It wouldn't be true, though.

I'm not even exactly sure what to call this; it's certainly not a novel, it's not really non-fiction... "pamphlet" just about covers it, I guess. Either that or "rant." Because that's what he does; he rants. At 82 years old, Vonnegut was pissed off and it's heartbreaking to hear a man who's always described himself as a humanist and tried to find some good in people even in the most sinister, dark moments, declare openly that he has irrevocably lost faith in mankind. It's not surprising that he is unhappy with the way things are, but his trademark humour and wit tends to take a backseat to crushing show more pessimism. Is he right to be this pessimistic about us? Quite possibly, and it's not like he hasn't earned the right when you read this in the light of everything else he's written (and that's how the book should be read; I shudder to think what people will make of Vonnegut if this is their first exposure to him). But still.

A Man Without A Country veers back and forth between subjects, which he gets away with since he has things to say on most of them (on how to tell a story, on his outlook on life, on politics etc) even though it gives a slightly scattershot impression. Sometimes he's incredibly poignant, sometimes he's as funny as ever, sometimes he's just brash. (Though I confess that I can't help but crack up when he writes that he's going to sue the tobacco manufacturers for not giving him cancer like they promised, since he never wanted to live long enough to see the world run by "Bush, Dick and Colon".)

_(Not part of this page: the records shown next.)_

-- ===== src/Execution/Reconciler.antt =====
-- short_trading_bot/execution/reconciler.py: the shares of each ticker in the database against those
-- at the broker. The report is what `reconcile` returns; the entry in the log has no field that
-- another part reads, so only that it is written is modelled.
pub mod Sync
use short_trading_bot.Base.{
  ℕ, ◌+◌, Bool, true, false, not, ◌&&◌, List, [], ◌∷◌, ◌++◌, map, ◌==◌, if◌then◌else◌, keep_if,
  or_else, get_at, put, insert_sorted,
}
use short_trading_bot.Base.Int.{ℤ, pos, sub_ℕ}
use short_trading_bot.Domain.Position.{is_open}
use short_trading_bot.Execution.Types.{BalancePosition}
use short_trading_bot.Execution.Store.{Store, PositionRow, reconcile_drift}
use short_trading_bot.Execution.OrderManager.{audit_row}

pub record Drift : Type 0 where
  pub ticker : ℕ
  pub local_qty : ℕ
  pub broker_qty : ℕ

-- `Drift.delta`
abbrev pub delta : Drift → ℤ
delta d = sub_ℕ d.broker_qty d.local_qty

abbrev is_zero : ℤ → Bool
is_zero (pos n) = n == 0
is_zero _ = false

-- `ReconcileReport.in_sync`
unfoldable pub in_sync : List Drift → Bool
in_sync [] = true
in_sync (d ∷ drifts) = is_zero (delta d) && in_sync drifts

-- `ReconcileReport.mismatches`
unfoldable pub mismatches : List Drift → List Drift
mismatches drifts = keep_if (λ d. not (is_zero (delta d))) drifts

-- `out[ticker] = out.get(ticker, 0) + qty`, over pairs of a ticker and a quantity
unfoldable pub tally : List (ℕ × ℕ) → List (ℕ × ℕ) → List (ℕ × ℕ)
unfolding get_at put
tally [] out = out
tally ((ticker, qty) ∷ pairs) out =
    tally pairs (put ticker (or_else (get_at ticker out) 0 + qty) out)

-- `_local_qty`
unfoldable pub local_qty : List PositionRow → List (ℕ × ℕ)
unfolding tally is_open
local_qty rows =
    tally (map (λ r. (r.ticker, r.qty_filled)) (keep_if (λ r. is_open r.state) rows)) []

-- the quantities at the broker
unfoldable pub broker_qty : List BalancePosition → List (ℕ × ℕ)
unfolding tally
broker_qty positions = tally (map (λ p. (p.ticker, p.qty)) positions) []

-- `sorted(set(...) | set(...))`
unfoldable pub all_tickers : List (ℕ × ℕ) → List ℕ → List ℕ
unfolding insert_sorted
all_tickers [] tickers = tickers
all_tickers ((ticker, _) ∷ d) tickers = insert_sorted ticker (all_tickers d tickers)

unfoldable pub drifts_of : List (ℕ × ℕ) → List (ℕ × ℕ) → List Drift
unfolding all_tickers get_at
drifts_of home abroad =
    map
      (λ ticker. record {
        ticker = ticker;
        local_qty = or_else (get_at ticker home) 0;
        broker_qty = or_else (get_at ticker abroad) 0;
      })
      (all_tickers home (all_tickers abroad []))

-- `reconcile`, on the positions that the broker reports
unfoldable pub reconcile : List BalancePosition → Store → List Drift × Store
unfolding drifts_of local_qty broker_qty in_sync
reconcile positions st =
    let report = drifts_of (local_qty st.positions) (broker_qty positions) in
    (
      report,
      if in_sync report
          then st
          else record st { audit = st.audit ++ audit_row reconcile_drift 0 0 ∷ [] },
    )
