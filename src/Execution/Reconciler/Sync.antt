-- ===== src/Execution/Reconciler/Sync.antt =====
-- When a reconciliation finds the database and the broker in agreement.
use short_trading_bot.Base.{
  ℕ, ◌+◌, ◌≡◌, refl, sym, ◌∙◌, ap, ◌↔◌, true, ◌||◌, List, [], ◌∷◌, map, arith, ◌==◌, if◌then◌else◌,
  keep_if, or_else, get_at, put, get_at-put, contains, contains-insert_sorted, is_some,
  Option-cases, Bool-cases, inl, inr,
}
use short_trading_bot.Domain.Position.{is_open}
use short_trading_bot.Execution.Types.{BalancePosition}
use short_trading_bot.Execution.Store.{Store}
use short_trading_bot.Execution.Reconciler.{
  Drift, in_sync, tally, local_qty, broker_qty, all_tickers, drifts_of, reconcile,
}

-- the shares of a ticker in a list of pairs
abbrev pub shares_of : ℕ → List (ℕ × ℕ) → ℕ
shares_of k [] = 0
shares_of k ((ticker, qty) ∷ pairs) = (if ticker == k then qty else 0) + shares_of k pairs

tally_lem :
    (k : ℕ) (pairs out : List (ℕ × ℕ))
    → or_else (get_at k (tally pairs out)) 0 ≡ or_else (get_at k out) 0 + shares_of k pairs
unfolding tally
tally_lem k [] out = omega arith
tally_lem k ((ticker, qty) ∷ pairs) out =
    let next = put ticker (or_else (get_at ticker out) 0 + qty) out in
    tally_lem k pairs next
    ∙ ground (arith, get_at-put k ticker (or_else (get_at ticker out) 0 + qty) out)

-- a ticker that is not in the list has no entry
contains-all_tickers :
    (k : ℕ) (d : List (ℕ × ℕ)) (rest : List ℕ)
    → contains k (all_tickers d rest) ≡ (is_some (get_at k d) || contains k rest)
unfolding all_tickers get_at
contains-all_tickers k [] rest = ground arith
contains-all_tickers k ((ticker, qty) ∷ d) rest =
    ground
      (arith, contains-insert_sorted k ticker (all_tickers d rest), contains-all_tickers k d rest)

abbrev drift_at : List (ℕ × ℕ) → List (ℕ × ℕ) → ℕ → Drift
drift_at home abroad ticker = record {
  ticker = ticker;
  local_qty = or_else (get_at ticker home) 0;
  broker_qty = or_else (get_at ticker abroad) 0;
}

in_sync_at :
    (home abroad : List (ℕ × ℕ)) (tickers : List ℕ) (k : ℕ)
    → in_sync (map (drift_at home abroad) tickers) ≡ true
    → contains k tickers ≡ true
    → or_else (get_at k home) 0 ≡ or_else (get_at k abroad) 0
unfolding in_sync
in_sync_at home abroad [] k s c = ground arith
in_sync_at home abroad (t ∷ tickers) k s c = ground (arith, in_sync_at home abroad tickers k)

in_sync_all :
    (home abroad : List (ℕ × ℕ)) (tickers : List ℕ)
    → ((k : ℕ) → or_else (get_at k home) 0 ≡ or_else (get_at k abroad) 0)
    → in_sync (map (drift_at home abroad) tickers) ≡ true
unfolding in_sync
in_sync_all home abroad [] h = refl
in_sync_all home abroad (t ∷ tickers) h = ground (arith, h t, in_sync_all home abroad tickers h)

-- the shares of a ticker in the open lots, and at the broker
abbrev pub held_locally : ℕ → Store → ℕ
held_locally k st =
    shares_of k (map (λ r. (r.ticker, r.qty_filled)) (keep_if (λ r. is_open r.state) st.positions))

abbrev pub held_at_broker : ℕ → List BalancePosition → ℕ
held_at_broker k positions = shares_of k (map (λ p. (p.ticker, p.qty)) positions)

locally : (k : ℕ) (st : Store) → or_else (get_at k (local_qty st.positions)) 0 ≡ held_locally k st
unfolding local_qty
locally k st =
    tally_lem k (map (λ r. (r.ticker, r.qty_filled)) (keep_if (λ r. is_open r.state) st.positions))
      []
    ∙ omega arith

at_broker :
    (k : ℕ) (positions : List BalancePosition)
    → or_else (get_at k (broker_qty positions)) 0 ≡ held_at_broker k positions
unfolding broker_qty
at_broker k positions = tally_lem k (map (λ p. (p.ticker, p.qty)) positions) [] ∙ omega arith

-- where no table has the ticker, both have nothing of it
in_sync_everywhere :
    (home abroad : List (ℕ × ℕ)) (k : ℕ)
    → in_sync (drifts_of home abroad) ≡ true
    → or_else (get_at k home) 0 ≡ or_else (get_at k abroad) 0
unfolding drifts_of
in_sync_everywhere home abroad k s =
    let tickers = all_tickers home (all_tickers abroad []) in
    let there =
      contains-all_tickers k home (all_tickers abroad [])
      ∙ ap (λ b. is_some (get_at k home) || b) (contains-all_tickers k abroad []) in
    elim (Bool-cases (contains k tickers)) [
      | inl t ↦ in_sync_at home abroad tickers k s t
      | inr f ↦ ground (arith, Option-cases (get_at k home), Option-cases (get_at k abroad))
    ]

-- A reconciliation reports agreement exactly when, for every ticker, the open lots together have the
-- shares that the positions at the broker have together.
pub reconcile_iff :
    (positions : List BalancePosition) (st : Store)
    → (in_sync (reconcile positions st).0 ≡ true)
      ↔ ((k : ℕ) → held_locally k st ≡ held_at_broker k positions)
unfolding reconcile drifts_of
reconcile_iff positions st =
    let home = local_qty st.positions in
    let abroad = broker_qty positions in
    (
      λ s k. sym (locally k st) ∙ in_sync_everywhere home abroad k s ∙ at_broker k positions,
      λ h.
          in_sync_all home abroad (all_tickers home (all_tickers abroad []))
            λ k. locally k st ∙ h k ∙ sym (at_broker k positions),
    )
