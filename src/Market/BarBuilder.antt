-- ===== src/Market/BarBuilder.antt =====
-- short_trading_bot/market/bar_builder.py and the values of market/types.py that it uses: ticks are
-- gathered into bars. The calendar date of a tick in its own timezone is a field of the tick, as the
-- number of the day. `none` stands for a ValueError, which leaves the bars as they are.
pub mod Conservation
use short_trading_bot.Base.{
  ℕ, ◌+◌, ◌*◌, ◌/◌, Bool, true, false, ◌||◌, Option, none, some, List, [], ◌∷◌, ◌++◌, map, ltb,
  ◌==◌, if◌then◌else◌, is_some, get_at, put, pop,
}
use short_trading_bot.Domain.Enums.{Resolution, d1, bar_seconds}

pub record Tick : Type 0 where
  pub ticker : ℕ
  pub price : ℕ
  pub volume : ℕ
  pub ts : ℕ
  pub day : ℕ

pub record Bar : Type 0 where
  pub ticker : ℕ
  pub resolution : Resolution
  pub ts : ℕ
  pub opening : ℕ
  pub high : ℕ
  pub low : ℕ
  pub close : ℕ
  pub volume : ℕ
  pub value : ℕ

-- `_OpenBar`
pub record OpenBar : Type 0 where
  pub bucket : ℕ
  pub opening : ℕ
  pub high : ℕ
  pub low : ℕ
  pub close : ℕ
  pub volume : ℕ
  pub value : ℕ

unfoldable pub start_bar : ℕ → Tick → OpenBar
start_bar bucket tick = record {
  bucket = bucket;
  opening = tick.price;
  high = tick.price;
  low = tick.price;
  close = tick.price;
  volume = tick.volume;
  value = tick.price * tick.volume;
}

unfoldable pub update : Tick → OpenBar → OpenBar
update tick ob = record ob {
  high = if ltb ob.high tick.price then tick.price else ob.high;
  low = if ltb tick.price ob.low then tick.price else ob.low;
  close = tick.price;
  volume = ob.volume + tick.volume;
  value = ob.value + tick.price * tick.volume;
}

unfoldable pub finish : Resolution → ℕ → OpenBar → Bar
finish resolution ticker ob = record {
  ticker = ticker;
  resolution = resolution;
  ts = ob.bucket;
  opening = ob.opening;
  high = ob.high;
  low = ob.low;
  close = ob.close;
  volume = ob.volume;
  value = ob.value;
}

abbrev is_d1 : Resolution → Bool
is_d1 d1 = true
is_d1 _ = false

-- whether `BarBuilder(resolution)` succeeds
unfoldable pub is_aggregatable : Resolution → Bool
unfolding bar_seconds
is_aggregatable resolution = is_some (bar_seconds resolution) || is_d1 resolution

-- `_bucket`
abbrev bucket_by : Option ℕ → Tick → ℕ
bucket_by none tick = tick.day * 86400
bucket_by (some seconds) tick = tick.ts / seconds * seconds

unfoldable pub bucket_of : Resolution → Tick → ℕ
unfolding bar_seconds
bucket_of resolution tick = bucket_by (bar_seconds resolution) tick

-- `_open`
abbrev pub OpenBars : Type 0
OpenBars = List (ℕ × OpenBar)

abbrev pub place_tick :
    Resolution → ℕ → Tick → Option OpenBar → OpenBars → Option (List Bar × OpenBars)
place_tick resolution bucket tick none bars =
    some ([], put tick.ticker (start_bar bucket tick) bars)
place_tick resolution bucket tick (some ob) bars =
    if bucket == ob.bucket
    then some ([], put tick.ticker (update tick ob) bars)
    else if ltb bucket ob.bucket
    then none
    else some (finish resolution tick.ticker ob ∷ [], put tick.ticker (start_bar bucket tick) bars)

unfoldable pub on_tick : Resolution → Tick → OpenBars → Option (List Bar × OpenBars)
unfolding bucket_of start_bar update finish get_at put
on_tick resolution tick bars =
    place_tick resolution (bucket_of resolution tick) tick (get_at tick.ticker bars) bars

abbrev finished : Resolution → ℕ → Option OpenBar → List Bar
finished resolution ticker none = []
finished resolution ticker (some ob) = finish resolution ticker ob ∷ []

-- the loop of `flush`
unfoldable pub flush_all : Resolution → List ℕ → OpenBars → List Bar × OpenBars
unfolding finish get_at pop
flush_all resolution [] bars = ([], bars)
flush_all resolution (ticker ∷ tickers) bars =
    let (more, bars') = flush_all resolution tickers (pop ticker bars) in
    (finished resolution ticker (get_at ticker bars) ++ more, bars')

abbrev flush_list : Option ℕ → OpenBars → List ℕ
flush_list none bars = map (λ e. e.0) bars
flush_list (some ticker) bars = ticker ∷ []

unfoldable pub flush : Resolution → Option ℕ → OpenBars → List Bar × OpenBars
unfolding flush_all
flush resolution ticker bars = flush_all resolution (flush_list ticker bars) bars
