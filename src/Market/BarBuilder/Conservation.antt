-- ===== src/Market/BarBuilder/Conservation.antt =====
-- No tick is lost or counted twice on its way into the bars, and a bar spans the prices of its ticks.
use short_trading_bot.Base.{
  ℕ, ◌+◌, ◌≡◌, refl, Option, none, some, List, [], ◌∷◌, ◌++◌, arith, ◌==◌, if◌then◌else◌, get_at,
  get_at-put, Bool-cases, inl, inr,
}
use short_trading_bot.Domain.Enums.{Resolution}
use short_trading_bot.Market.BarBuilder.{
  Tick, Bar, OpenBar, OpenBars, on_tick, place_tick, start_bar, update, finish, bucket_of,
}

-- ticks handed over one after another; a tick that is out of order ends the run
abbrev then_more : List Bar → Option (List Bar × OpenBars) → Option (List Bar × OpenBars)
then_more done none = none
then_more done (some (more, bars)) = some (done ++ more, bars)

abbrev feed_rest :
    (OpenBars → Option (List Bar × OpenBars))
    → Option (List Bar × OpenBars)
    → Option (List Bar × OpenBars)
feed_rest next none = none
feed_rest next (some (done, bars)) = then_more done (next bars)

unfoldable pub feed : Resolution → List Tick → OpenBars → Option (List Bar × OpenBars)
unfolding on_tick
feed resolution [] bars = some ([], bars)
feed resolution (tick ∷ ticks) bars =
    feed_rest (feed resolution ticks) (on_tick resolution tick bars)

-- what was traded of a ticker: in ticks, in bars, and in the bar that is open
abbrev pub tick_volume : ℕ → List Tick → ℕ
tick_volume k [] = 0
tick_volume k (t ∷ ts) = (if t.ticker == k then t.volume else 0) + tick_volume k ts

abbrev pub bar_volume : ℕ → List Bar → ℕ
bar_volume k [] = 0
bar_volume k (b ∷ bs) = (if b.ticker == k then b.volume else 0) + bar_volume k bs

abbrev volume_in : Option OpenBar → ℕ
volume_in none = 0
volume_in (some ob) = ob.volume

abbrev pub open_volume : ℕ → OpenBars → ℕ
open_volume k bars = volume_in (get_at k bars)

bar_volume-append :
    (k : ℕ) (xs ys : List Bar) → bar_volume k (xs ++ ys) ≡ bar_volume k xs + bar_volume k ys
bar_volume-append k [] ys = omega arith
bar_volume-append k (x ∷ xs) ys = omega (arith, bar_volume-append k xs ys)

place_tick_volume :
    (resolution : Resolution) (bucket k : ℕ) (tick : Tick) (bars : OpenBars) {done : List Bar}
    {bars' : OpenBars} (ob : Option OpenBar)
    → get_at tick.ticker bars ≡ ob
    → place_tick resolution bucket tick ob bars ≡ some (done, bars')
    → bar_volume k done + open_volume k bars'
      ≡ open_volume k bars + (if tick.ticker == k then tick.volume else 0)
unfolding start_bar update finish
place_tick_volume resolution bucket k tick bars none g h =
    ground (arith, get_at-put k tick.ticker (start_bar bucket tick) bars)
place_tick_volume resolution bucket k tick bars (some ob) g h =
    elim (Bool-cases (bucket == ob.bucket)) [
      | inl t ↦ ground (arith, get_at-put k tick.ticker (update tick ob) bars)
      | inr f ↦ ground (arith, get_at-put k tick.ticker (start_bar bucket tick) bars)
    ]

on_tick_volume :
    (resolution : Resolution) (k : ℕ) (tick : Tick) (bars : OpenBars) {done : List Bar}
    {bars' : OpenBars}
    → on_tick resolution tick bars ≡ some (done, bars')
    → bar_volume k done + open_volume k bars'
      ≡ open_volume k bars + (if tick.ticker == k then tick.volume else 0)
unfolding on_tick
on_tick_volume resolution k tick bars h =
    place_tick_volume resolution (bucket_of resolution tick) k tick bars (get_at tick.ticker bars)
      refl h

more_volume :
    (k : ℕ) (out : Option (List Bar × OpenBars)) (total : ℕ) (first : List Bar)
    → ((a : List Bar) (b : OpenBars)
        → out ≡ some (a, b)
        → bar_volume k first + (bar_volume k a + open_volume k b) ≡ total)
    → {done : List Bar} {bars' : OpenBars} → then_more first out ≡ some (done, bars')
    → bar_volume k done + open_volume k bars' ≡ total
more_volume k none total first f h = cc
more_volume k (some (more, last)) total first f {done} {bars'} h =
    let d : done ≡ first ++ more = cc in
    let b : bars' ≡ last = cc in rw (d, b, bar_volume-append) (omega (arith, f more last refl))

rest_volume :
    (k : ℕ) (tick : Tick) (ticks : List Tick) (bars : OpenBars) (one : Option (List Bar × OpenBars))
    (next : OpenBars → Option (List Bar × OpenBars))
    → ((a : List Bar) (b : OpenBars)
        → one ≡ some (a, b)
        → bar_volume k a + open_volume k b
          ≡ open_volume k bars + (if tick.ticker == k then tick.volume else 0))
    → ((mid : OpenBars) (a : List Bar) (b : OpenBars)
        → next mid ≡ some (a, b)
        → bar_volume k a + open_volume k b ≡ open_volume k mid + tick_volume k ticks)
    → {done : List Bar} {bars' : OpenBars} → feed_rest next one ≡ some (done, bars')
    → bar_volume k done + open_volume k bars' ≡ open_volume k bars + tick_volume k (tick ∷ ticks)
rest_volume k tick ticks bars none next f g h = cc
rest_volume k tick ticks bars (some (first, mid)) next f g h =
    more_volume k (next mid) (open_volume k bars + tick_volume k (tick ∷ ticks)) first
      (λ a b e. omega (arith, f first mid refl, g mid a b e)) h

-- Over a run of ticks in order, what the finished bars and the open bar of a ticker have of volume
-- is what the open bar had before and what was traded in the ticks.
pub feed_volume :
    (resolution : Resolution) (k : ℕ) (ticks : List Tick) (bars : OpenBars) {done : List Bar}
    {bars' : OpenBars}
    → feed resolution ticks bars ≡ some (done, bars')
    → bar_volume k done + open_volume k bars' ≡ open_volume k bars + tick_volume k ticks
unfolding feed
feed_volume resolution k [] bars h = ground arith
feed_volume resolution k (tick ∷ ticks) bars {done} {bars'} h =
    rest_volume k tick ticks bars (on_tick resolution tick bars) (feed resolution ticks)
      (λ a b e. on_tick_volume resolution k tick bars e)
      (λ mid a b e. feed_volume resolution k ticks mid e) h
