-- ===== src/Execution/OrderManager/Expiry.antt =====
-- The expiry of the orders of earlier sessions, and the orders that a restart finds half sent.
use short_trading_bot.Base.{
  ℕ, ◌+◌, ◌<◌, ◌≡◌, refl, ◌∙◌, ap, ◌≢◌, ◌⊎◌, inl, true, some, List, [], ◌∷◌, map, All, arith,
  contains, length, find_by-map, length-append_map,
}
use short_trading_bot.Domain.Enums.{Market, pending_new, unknown, expired, is_overseas}
use short_trading_bot.Execution.Store.{Store, Order, PositionRow, known, order_key, find_order}
use short_trading_bot.Execution.Session.{order_in_session}
use short_trading_bot.Execution.OrderManager.{
  is_open_state, market_of, expire_row, expire_stale, orphan_row, orphan_pending_to_unknown,
}

module _ (now : ℕ) (keep : List ℕ) (positions : List PositionRow) where
  -- which orders may stay open
  abbrev pub IsCurrent : Order → Type 0
  IsCurrent o =
      (is_open_state o.state ≡ true)
      → (order_in_session o.created_at (market_of positions o) now ≡ true)
        ⊎ (contains o.order_id keep ≡ true)

  expire_row-IsCurrent : (o : Order) → IsCurrent (expire_row now keep positions o)
  unfolding expire_row is_open_state
  expire_row-IsCurrent o = ground arith

  expire_row_current : (o : Order) → IsCurrent o → expire_row now keep positions o ≡ o
  unfolding expire_row
  expire_row_current o h = ground arith

  expire_row_past :
      (o : Order) → ¬ IsCurrent o → expire_row now keep positions o ≡ record o { state = expired }
  unfolding expire_row
  expire_row_past o h = ground arith

  expire_rows-IsCurrent : (os : List Order) → All IsCurrent (map (expire_row now keep positions) os)
  expire_rows-IsCurrent [] = tt
  expire_rows-IsCurrent (o ∷ os) = (expire_row-IsCurrent o, expire_rows-IsCurrent os)

  expire_row-key : (o : Order) → order_key (expire_row now keep positions o) ≡ order_key o
  unfolding expire_row
  expire_row-key o = ground arith

-- Afterwards every open order is of the session of now, or kept on purpose; every other order is as
-- it was; and the number that is reported is the number of entries that the log has gained.
pub expire_stale_lem :
    (now : ℕ) (keep : List ℕ) (st : Store)
    → let (st', count) = expire_stale now keep st in
      All (IsCurrent now keep st.positions) st'.orders
      × ((cid : ℕ) (o : Order)
          → find_order cid st.orders ≡ some o
          → (IsCurrent now keep st.positions o → find_order cid st'.orders ≡ some o)
            × (¬ IsCurrent now keep st.positions o
                → find_order cid st'.orders ≡ some (record o { state = expired })))
      × (length st'.audit ≡ length st.audit + count)
      × (st'.positions ≡ st.positions)
      × (st'.fills ≡ st.fills)
unfolding expire_stale
expire_stale_lem now keep st = (
  expire_rows-IsCurrent now keep st.positions st.orders,
  λ cid o h.
      let row : find_order cid (map (expire_row now keep st.positions) st.orders)
          ≡ some (expire_row now keep st.positions o) =
        find_by-map order_key cid (expire_row now keep st.positions) st.orders
          (expire_row-key now keep st.positions) h in
      (
        λ c. row ∙ ap some (expire_row_current now keep st.positions o c),
        λ n. row ∙ ap some (expire_row_past now keep st.positions o n),
      ),
  length-append_map _ _ st.audit,
  refl,
  refl,
)

-- A live order abroad is not expired: within 24 hours of its creation its row stays, whatever the
-- date in Korea, and whatever the list of exceptions.
pub overseas_order_kept :
    (now : ℕ) (keep : List ℕ) (st : Store) (cid : ℕ) {o : Order} {m : Market}
    → find_order cid st.orders ≡ some o
    → market_of st.positions o ≡ some (known m)
    → is_overseas m ≡ true
    → now < o.created_at + 86400
    → find_order cid (expire_stale now keep st).0.orders ≡ some o
overseas_order_kept now keep st cid {o} h m k t =
    ((expire_stale_lem now keep st).1 cid o h).0
      (λ _. inl (unfold order_in_session in ground arith))

orphan_rows : (os : List Order) → All (λ o. o.state ≢ pending_new) (map orphan_row os)
unfolding orphan_row
orphan_rows [] = tt
orphan_rows (o ∷ os) = (ground arith, orphan_rows os)

orphan_row-key : (o : Order) → order_key (orphan_row o) ≡ order_key o
unfolding orphan_row
orphan_row-key o = ground arith

orphan_row_lem :
    (o : Order)
    → (o.state ≡ pending_new → orphan_row o ≡ record o { state = unknown })
      × (o.state ≢ pending_new → orphan_row o ≡ o)
unfolding orphan_row
orphan_row_lem o = ground arith

-- At a restart every order that was being sent becomes UNKNOWN, no other order changes, and the
-- number reported is the number of entries that the log has gained.
pub orphan_pending_lem :
    (st : Store)
    → let (st', count) = orphan_pending_to_unknown st in
      All (λ o. o.state ≢ pending_new) st'.orders
      × ((cid : ℕ) (o : Order)
          → find_order cid st.orders ≡ some o
          → (o.state ≡ pending_new
              → find_order cid st'.orders ≡ some (record o { state = unknown }))
            × (o.state ≢ pending_new → find_order cid st'.orders ≡ some o))
      × (length st'.audit ≡ length st.audit + count)
unfolding orphan_pending_to_unknown
orphan_pending_lem st = (
  orphan_rows st.orders,
  λ cid o h.
      let row : find_order cid (map orphan_row st.orders) ≡ some (orphan_row o) =
        find_by-map order_key cid orphan_row st.orders orphan_row-key h in
      (λ p. row ∙ ap some ((orphan_row_lem o).0 p), λ n. row ∙ ap some ((orphan_row_lem o).1 n)),
  length-append_map _ _ st.audit,
)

I suppose the worst and best part about it is the consistency. Having re-read a few Vonnegut novels since his death, there's really not much new stuff to find here (in fact, large portions of it seem cribbed from the foreword to Jailbird). There's a new president, Kurt is older and crankier, there's some fancy new thing called the Internet which he really doesn't like much (he proudly proclaims himself a luddite), but otherwise he's still pushing the same buttons that he has been for decades only with more bitterness. "Here's what we could have been," he seems to say (namechecking both Marx, Lincoln and Jesus), "and we wasted it all." A Man Without A Country doesn't add anything new, and as much irreverent fun as it is at times, it seems more like petering out than going out with a bang.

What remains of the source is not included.